## DATA PROVIDED
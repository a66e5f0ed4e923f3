-- ===== src/Tests/Mapping.antt =====
-- The theorems on perf maps, run on a map of two pieces of code that overlap.
use pprof_rs.Prelude.{
  true, not, ◌&&◌, codes, word, ◌-◌, ◌≡◌, refl, false, none, some, List, [], ◌∷◌, All, ok, arith,
  if◌then◌else◌, ◌==◌,
}
use pprof_rs.Error.{IoResult}
use pprof_rs.Frames.{Text}
use pprof_rs.PerfMap.{
  PerfMap, new, find_symbol, find, read_lines, read_line, split_whitespace, pieces, from_str_radix,
  read_digits, to_digit, join, is_whitespace, resolve_in_perfmap, refresh,
}
use pprof_rs.PerfMap.Loading.{Entry, IsPlain, lines_of, Answers, new-Answers}
use pprof_rs.PerfMap.Refreshing.{
  Step, write, reload, look_up, run, in_use, unused, newest, first_look_up, run-refresh,
}

abbrev two_entries : List Entry
two_entries =
    record { start = 4096; len = 32; words = codes "py::main" ∷ codes "loop" ∷ [] }
    ∷ record { start = 4112; len = 256; words = codes "py::f" ∷ [] }
    ∷ []

two_entries-IsPlain : All IsPlain two_entries
unfolding is_whitespace
two_entries-IsPlain = ground arith

new-Answers_example :
    (m : PerfMap) × (new (lines_of two_entries) ≡ some m) × Answers 4120 two_entries (find m 4120)
new-Answers_example = new-Answers two_entries 4120 two_entries-IsPlain

-- A line that is blank spoils the whole map, and a sum that does not fit wraps.
spoilt_by_blank : new (ok (codes "1000 20 f") ∷ ok [] ∷ []) ≡ none
unfolding new read_lines read_line split_whitespace pieces is_whitespace from_str_radix read_digits
    to_digit
spoilt_by_blank = refl

wrapped :
    new (ok (codes "fffffffffffffff0 20 f g") ∷ [])
    ≡ some (record { ranges = record { start = word - 16; end = 16; name = codes "f g" } ∷ [] })
unfolding new read_lines read_line split_whitespace pieces is_whitespace from_str_radix read_digits
    to_digit join
wrapped = refl

first_look_up_example :
    ((resolve_in_perfmap true false 7 (unused (lines_of two_entries) 5 0) 4100).1
      ≡ (if true && not (0 == 5) then find_symbol (new (lines_of two_entries)) 4100 else none))
    × ((resolve_in_perfmap true false 7 (unused (lines_of two_entries) 5 0) 4100).0.file
        ≡ some (record { lines = []; modified = some 7 }))
first_look_up_example = first_look_up true 7 5 0 (lines_of two_entries) 4100

abbrev half_written : List (IoResult Text)
half_written = ok (codes "1000 20 f") ∷ ok (codes "10") ∷ []

abbrev completed : List Step
completed =
    write (some (record { lines = lines_of two_entries; modified = some 8 }))
    ∷ reload false 9
    ∷ look_up true false 9 4100
    ∷ []

run-refresh_example :
    (run completed (refresh false 8 (in_use half_written 8 7 none))).resolver
    ≡ some (if 7 == 8 then none else newest none (new half_written))
run-refresh_example = run-refresh completed false 8 8 7 half_written none (refl, (tt, (tt, tt)))
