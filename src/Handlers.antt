-- ===== src/Handlers.antt =====
-- The request handlers of server.go. A handler takes the response so far and the states of the two
-- stores, and returns them. Logging is left out.
pub mod Guard
pub mod Lfs
pub mod Links
pub mod Batch
pub mod Cloud
pub mod Cassandra
pub mod Mysql
use lfs_server_go.Prelude.{
  ℕ, Bool, true, false, ◌&&◌, Option, none, some, List, [], ◌∷◌, ◌++◌, if◌then◌else◌,
}
use lfs_server_go.Text.{Bytes, lit, ◌==◌}
use lfs_server_go.Errors.{Error, Result, ok, err, is_auth_error, message}
use lfs_server_go.Types.{RequestVars, MetaObject, Representation}
use lfs_server_go.Server.{
  App, Request, ResponseWriter, set_header, write_header, write, meta_media_type, represent, unpack,
  unpackbatch, write_status, require_auth,
}

-- How the loop of `BatchHandler` ends: with the response's objects, with an authorization error,
-- or by a panic on a nil object.
pub data BatchEnd : Type 0 where
  collected : List Representation → BatchEnd
  unauthorized panicked : BatchEnd

-- The body of the 500 of `PutHandler`.
abbrev pub error_body : Error → Bytes
error_body e = lit "{\"message\":\"" ++ message e ++ lit "\"}"

module _ {M C : Type 0} (app : App M C) where
  open app use {content_store, meta_store, cfg, json, status_text}

  -- The answer to an error of the metadata store.
  unfoldable pub refuse : Request → Error → ResponseWriter → ResponseWriter
  unfolding is_auth_error
  refuse r e w =
      if is_auth_error e then require_auth status_text r w else write_status status_text r 404 w

  unfoldable pub get_content_handler : Request → ResponseWriter → M → C → ResponseWriter
  get_content_handler r w m c = elim (meta_store.get (unpack json r) m) [
    | err e ↦ refuse r e w
    | ok meta ↦ elim (content_store.get meta c) [
      | err e ↦ write_status status_text r 404 w
      | ok content ↦ write content.content w
    ]
  ]

  unfoldable pub get_search_handler : Request → ResponseWriter → M → ResponseWriter
  get_search_handler r w m = elim (meta_store.get (unpack json r) m) [
    | err e ↦ refuse r e w
    | ok meta ↦ write_status status_text r 200 w
  ]

  unfoldable pub get_meta_handler : Request → ResponseWriter → M → ResponseWriter
  get_meta_handler r w m = elim (meta_store.get (unpack json r) m) [
    | err e ↦ refuse r e w
    | ok meta ↦
        let w2 = set_header (lit "Content-Type") meta_media_type w in
        if r.method == lit "GET"
        then write (json.encode_representation (represent cfg (unpack json r) meta true false)) w2
        else w2
  ]

  -- The status of `PostHandler`, once the object's metadata is there.
  unfoldable pub sent_status : MetaObject → C → ℕ
  sent_status meta c = if meta.existing && content_store.exists meta c then 200 else 202

  unfoldable pub post_reply : Request → MetaObject → ResponseWriter → C → ResponseWriter
  post_reply r meta w c =
      write (json.encode_representation (represent cfg (unpack json r) meta meta.existing true))
        (write_header (sent_status meta c) (set_header (lit "Content-Type") meta_media_type w))

  unfoldable pub post_handler : Request → ResponseWriter → M → C → Option ResponseWriter × M
  post_handler r w m c =
      let (result, m') = meta_store.put (unpack json r) m in
      (
        elim result [
          | none ↦ none
          | some (err e) ↦ some (refuse r e w)
          | some (ok meta) ↦ some (post_reply r meta w c)
        ],
        m',
      )

  -- The loop of `BatchHandler`, with the objects of the response so far.
  unfoldable pub collect : List (Option RequestVars) → List Representation → M → BatchEnd × M
  unfolding is_auth_error
  collect [] reps m = (collected reps, m)
  collect (none ∷ rest) reps m = (panicked, m)
  collect (some v ∷ rest) reps m = elim (meta_store.get v m) [
    | ok meta ↦ collect rest (reps ++ represent cfg v meta true false ∷ []) m
    | err e ↦ elim (is_auth_error e) [
      | true ↦ (unauthorized, m)
      | false ↦
          let (result, m') = meta_store.put v m in
          elim result [
            | none ↦ (panicked, m')
            | some (ok meta) ↦
                collect rest (reps ++ represent cfg v meta meta.existing true ∷ []) m'
            | some (err _) ↦ collect rest reps m'
          ]
    ]
  ]

  -- The response after the loop; `none` is a panic.
  unfoldable pub batch_reply : Request → BatchEnd → ResponseWriter → Option ResponseWriter
  batch_reply r (collected reps) w =
      some (write (json.encode_objects reps) (set_header (lit "Content-Type") meta_media_type w))
  batch_reply r unauthorized w = some (require_auth status_text r w)
  batch_reply r panicked w = none

  unfoldable pub batch_handler : Request → ResponseWriter → M → Option ResponseWriter × M
  batch_handler r w m = elim (unpackbatch json r) [
    | none ↦ (none, m)
    | some vs ↦ let (end, m') = collect vs [] m in (batch_reply r end w, m')
  ]

  unfoldable pub put_handler : Request → ResponseWriter → M → C → ResponseWriter × C
  put_handler r w m c = elim (meta_store.get (unpack json r) m) [
    | err e ↦ (refuse r e w, c)
    | ok meta ↦
        let (failed, c') = content_store.put meta r.body c in
        (elim failed [ none ↦ w | some e ↦ write (error_body e) (write_header 500 w) ], c')
  ]
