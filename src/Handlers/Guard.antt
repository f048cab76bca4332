-- ===== src/Handlers/Guard.antt =====
-- The handlers of server.go over any metadata store that refuses a wrong authorization.
use lfs_server_go.Prelude.{
  ◌≡◌, refl, sym, ap, ◌∙◌, ◌↔◌, inl, inr, Bool, true, false, Option, none, some, List, [], ◌∷◌,
  arith, if◌then◌else◌, Option-cases,
}
use mathlib.Core.Path.{subst}
use lfs_server_go.Text.{Bytes, lit}
use lfs_server_go.Errors.{ok, err, forbidden, is_auth_error}
use lfs_server_go.Types.{RequestVars, MetaObject}
use lfs_server_go.MetaStore.Transactions.{Result-cases}
use lfs_server_go.ContentStore.{Reader}
use lfs_server_go.Server.{
  GenericMetaStore, App, Request, ResponseWriter, fresh, code_of, reply_code, unpack, with_route,
  all_with_route, unpackbatch, require_auth, write_status, write, set_header, write_header,
}
use lfs_server_go.Handlers.{
  refuse, get_content_handler, get_search_handler, get_meta_handler, post_handler, collect,
  batch_reply, batch_handler, put_handler, post_reply, sent_status,
}

-- What the handlers need of a metadata store: which authorizations it takes, that it answers the
-- others with an authorization error, and that they leave it as it is.
pub record IsGuarded {M : Type 0} (store : GenericMetaStore M) (admits : Bytes → M → Bool)
    : Type 0 where
  pub get_refused :
      (rv : RequestVars) (m : M)
      → admits rv.authorization m ≡ false
      → store.get rv m ≡ err forbidden
  pub put_refused :
      (rv : RequestVars) (m : M)
      → admits rv.authorization m ≡ false
      → store.put rv m ≡ (some (err forbidden), m)

module _ {M C : Type 0} (app : App M C) where
  open app use {content_store, meta_store, cfg, json, status_text}

  pub unpack-authorization : (r : Request) → (unpack json r).authorization ≡ r.authorization
  unfolding unpack
  unpack-authorization r = ground arith

  -- The answer to a request without a valid authorization.
  unfoldable pub challenge : Request → ResponseWriter
  challenge r = require_auth status_text r fresh

  -- The client sees status 401 and the header that asks for a user and a password.
  pub challenge-code :
      (r : Request)
      → ((challenge r).status ≡ some 401)
        × ((challenge r).header ≡ (lit "Lfs-Authenticate", lit "Basic realm=lfs-server-go") ∷ [])
  unfolding challenge require_auth write_status write set_header write_header
  challenge-code r = (refl, refl)

  refuse-forbidden : (r : Request) → refuse app r forbidden fresh ≡ challenge r
  unfolding refuse challenge is_auth_error
  refuse-forbidden r = refl

  module _ (admits : Bytes → M → Bool) (guarded : IsGuarded meta_store admits) where
    -- A request whose authorization the metadata store does not take is answered by the challenge
    -- in each of the five handlers of one object, and neither store changes.
    pub refused_everywhere :
        (r : Request) (m : M) (c : C)
        → admits r.authorization m ≡ false
        → (get_content_handler app r fresh m c ≡ challenge r)
          × (get_search_handler app r fresh m ≡ challenge r)
          × (get_meta_handler app r fresh m ≡ challenge r)
          × (post_handler app r fresh m c ≡ (some (challenge r), m))
          × (put_handler app r fresh m c ≡ (challenge r, c))
    unfolding get_content_handler get_search_handler get_meta_handler post_handler put_handler
    refused_everywhere r m c h =
        let bad : admits (unpack json r).authorization m ≡ false =
          ap (λ a. admits a m) (unpack-authorization r) ∙ h in
        let got = guarded.get_refused (unpack json r) m bad in
        let put_nothing = guarded.put_refused (unpack json r) m bad in
        (
          rw (got, get_content_handler) (refuse-forbidden r),
          rw (got, get_search_handler) (refuse-forbidden r),
          rw (got, get_meta_handler) (refuse-forbidden r),
          rw (put_nothing, post_handler) (ap (λ w. (some w, m)) (refuse-forbidden r)),
          rw (got, put_handler) (ap (λ w. (w, c)) (refuse-forbidden r)),
        )

    unpackbatch-ok :
        (r : Request) (v : RequestVars) (vs rest : List (Option RequestVars))
        → json.decode_batch_vars r.body ≡ (some v ∷ vs, none)
        → all_with_route r vs ≡ some rest
        → unpackbatch json r ≡ some (some (with_route r v) ∷ rest)
    unfolding unpackbatch all_with_route
    unpackbatch-ok r v vs rest decoded routed =
        subst
          (λ p.
            elim p.1 [ some e ↦ some p.0 | none ↦ all_with_route r p.0 ]
            ≡ some (some (with_route r v) ∷ rest))
          (sym decoded) (rw (routed, all_with_route) refl)

    -- A batch whose request has an authorization that the metadata store does not take, and whose
    -- body decodes without an error to at least one object, none of them nil, is answered by the
    -- challenge whatever its objects say of the authorization, and the metadata does not change.
    pub batch_refused :
        (r : Request) (m : M) (v : RequestVars) (vs rest : List (Option RequestVars))
        → admits r.authorization m ≡ false
        → json.decode_batch_vars r.body ≡ (some v ∷ vs, none)
        → all_with_route r vs ≡ some rest
        → batch_handler app r fresh m ≡ (some (challenge r), m)
    unfolding batch_handler collect batch_reply is_auth_error challenge
    batch_refused r m v vs rest h decoded routed =
        let got = guarded.get_refused (with_route r v) m h in
        rw (unpackbatch-ok r v vs rest decoded routed, batch_handler) (rw (got, collect) refl)

  -- The answers of the handlers where the stores do what they are asked.
  pub post_handler-created :
      (r : Request) (m : M) (c : C) (meta : MetaObject)
      → (meta_store.put (unpack json r) m).0 ≡ some (ok meta)
      → meta.existing ≡ false
      → reply_code (post_handler app r fresh m c).0 ≡ some 202
  unfolding post_handler post_reply sent_status write write_header set_header
  post_handler-created r m c meta made new = rw (made, post_handler) (rw new refl)

  pub post_handler-existed :
      (r : Request) (m : M) (c : C) (meta : MetaObject)
      → (meta_store.put (unpack json r) m).0 ≡ some (ok meta)
      → meta.existing ≡ true
      → reply_code (post_handler app r fresh m c).0
        ≡ some (if content_store.exists meta c then 200 else 202)
  unfolding post_handler post_reply sent_status write write_header set_header
  post_handler-existed r m c meta made old = rw (made, post_handler) (rw old refl)

  pub put_handler-ok :
      (r : Request) (m : M) (c : C) (meta : MetaObject)
      → meta_store.get (unpack json r) m ≡ ok meta
      → (content_store.put meta r.body c).0 ≡ none
      → put_handler app r fresh m c ≡ (fresh, (content_store.put meta r.body c).1)
  unfolding put_handler
  put_handler-ok r m c meta got taken = rw (got, put_handler) (rw (taken, put_handler) refl)

  pub get_content_handler-ok :
      (r : Request) (m : M) (c : C) (meta : MetaObject) (content : Reader)
      → meta_store.get (unpack json r) m ≡ ok meta
      → content_store.get meta c ≡ ok content
      → get_content_handler app r fresh m c ≡ write content.content fresh
  unfolding get_content_handler
  get_content_handler-ok r m c meta content got there =
      rw (got, get_content_handler) (rw (there, get_content_handler) refl)

  -- GET of an object's content answers 200 exactly when both stores have the object.
  get_content_handler-code :
      (r : Request) (m : M) (c : C)
      → (code_of (get_content_handler app r fresh m c) ≡ 200) ↔ (
          (meta : MetaObject) × (content : Reader) × (meta_store.get (unpack json r) m ≡ ok meta)
          × (content_store.get meta c ≡ ok content))
  unfolding get_content_handler refuse require_auth write_status write set_header write_header
  get_content_handler-code r m c =
      (found, λ x. rw (x.2, get_content_handler) (rw (x.3, get_content_handler) refl))
    where
      found :
          code_of (get_content_handler app r fresh m c) ≡ 200
          → (meta : MetaObject) × (content : Reader) × (meta_store.get (unpack json r) m ≡ ok meta)
            × (content_store.get meta c ≡ ok content)
      found h = elim (Result-cases (meta_store.get (unpack json r) m)) [
        | inr (e, bad) ↦ absurd (ground arith)
        | inl (meta, got) ↦ elim (Result-cases (content_store.get meta c)) [
          | inr (e, bad) ↦ absurd (ground arith)
          | inl (content, there) ↦ (meta, content, got, there)
        ]
      ]

  -- PUT of a content answers 200 exactly when the object is known and the content store takes the
  -- body as its content.
  put_handler-code :
      (r : Request) (m : M) (c : C)
      → (code_of (put_handler app r fresh m c).0 ≡ 200) ↔ (
          (meta : MetaObject) × (meta_store.get (unpack json r) m ≡ ok meta)
          × ((content_store.put meta r.body c).0 ≡ none))
  unfolding put_handler refuse require_auth write_status write set_header write_header
  put_handler-code r m c = (taken, λ x. rw (x.1, put_handler) (rw (x.2, put_handler) refl))
    where
      taken :
          code_of (put_handler app r fresh m c).0 ≡ 200
          → (meta : MetaObject) × (meta_store.get (unpack json r) m ≡ ok meta)
            × ((content_store.put meta r.body c).0 ≡ none)
      taken h = elim (Result-cases (meta_store.get (unpack json r) m)) [
        | inr (e, bad) ↦ absurd (ground arith)
        | inl (meta, got) ↦ elim (Option-cases (content_store.put meta r.body c).0) [
          | inl fine ↦ (meta, got, fine)
          | inr (e, bad) ↦ absurd (ground arith)
        ]
      ]

  -- GET of a content answers 200 exactly when both stores return the object, and PUT of a content
  -- exactly when the object is known and the content store takes the body as its content.
  pub content_handlers-code :
      (r : Request) (m : M) (c : C)
      → ((code_of (get_content_handler app r fresh m c) ≡ 200) ↔ (
          (meta : MetaObject) × (content : Reader) × (meta_store.get (unpack json r) m ≡ ok meta)
          × (content_store.get meta c ≡ ok content)))
        × ((code_of (put_handler app r fresh m c).0 ≡ 200) ↔ (
            (meta : MetaObject) × (meta_store.get (unpack json r) m ≡ ok meta)
            × ((content_store.put meta r.body c).0 ≡ none)))
  content_handlers-code r m c = (get_content_handler-code r m c, put_handler-code r m c)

## GOAL OF THE EXERCISE
Starting with the first line of the listing above, copy each line exactly until you have copied the line containing "start = 4096;". Stop there.

## RESPONSE AREA
repository a66e5f0ed4e923f3
-- ===== src/Tests/Mapping.antt =====
-- The theorems on perf maps, run on a map of two pieces of code that overlap.
use pprof_rs.Prelude.{
  true, not, ◌&&◌, codes, word, ◌-◌, ◌≡◌, refl, false, none, some, List, [], ◌∷◌, All, ok, arith,
  if◌then◌else◌, ◌==◌,
}
use pprof_rs.Error.{IoResult}
use pprof_rs.Frames.{Text}
use pprof_rs.PerfMap.{
  PerfMap, new, find_symbol, find, read_lines, read_line, split_whitespace, pieces, from_str_radix,
  read_digits, to_digit, join, is_whitespace, resolve_in_perfmap, refresh,
}
use pprof_rs.PerfMap.Loading.{Entry, IsPlain, lines_of, Answers, new-Answers}
use pprof_rs.PerfMap.Refreshing.{
  Step, write, reload, look_up, run, in_use, unused, newest, first_look_up, run-refresh,
}

abbrev two_entries : List Entry
two_entries =
    record { start = 4096; len = 32; words = codes "py::main" ∷ codes "loop" ∷ [] }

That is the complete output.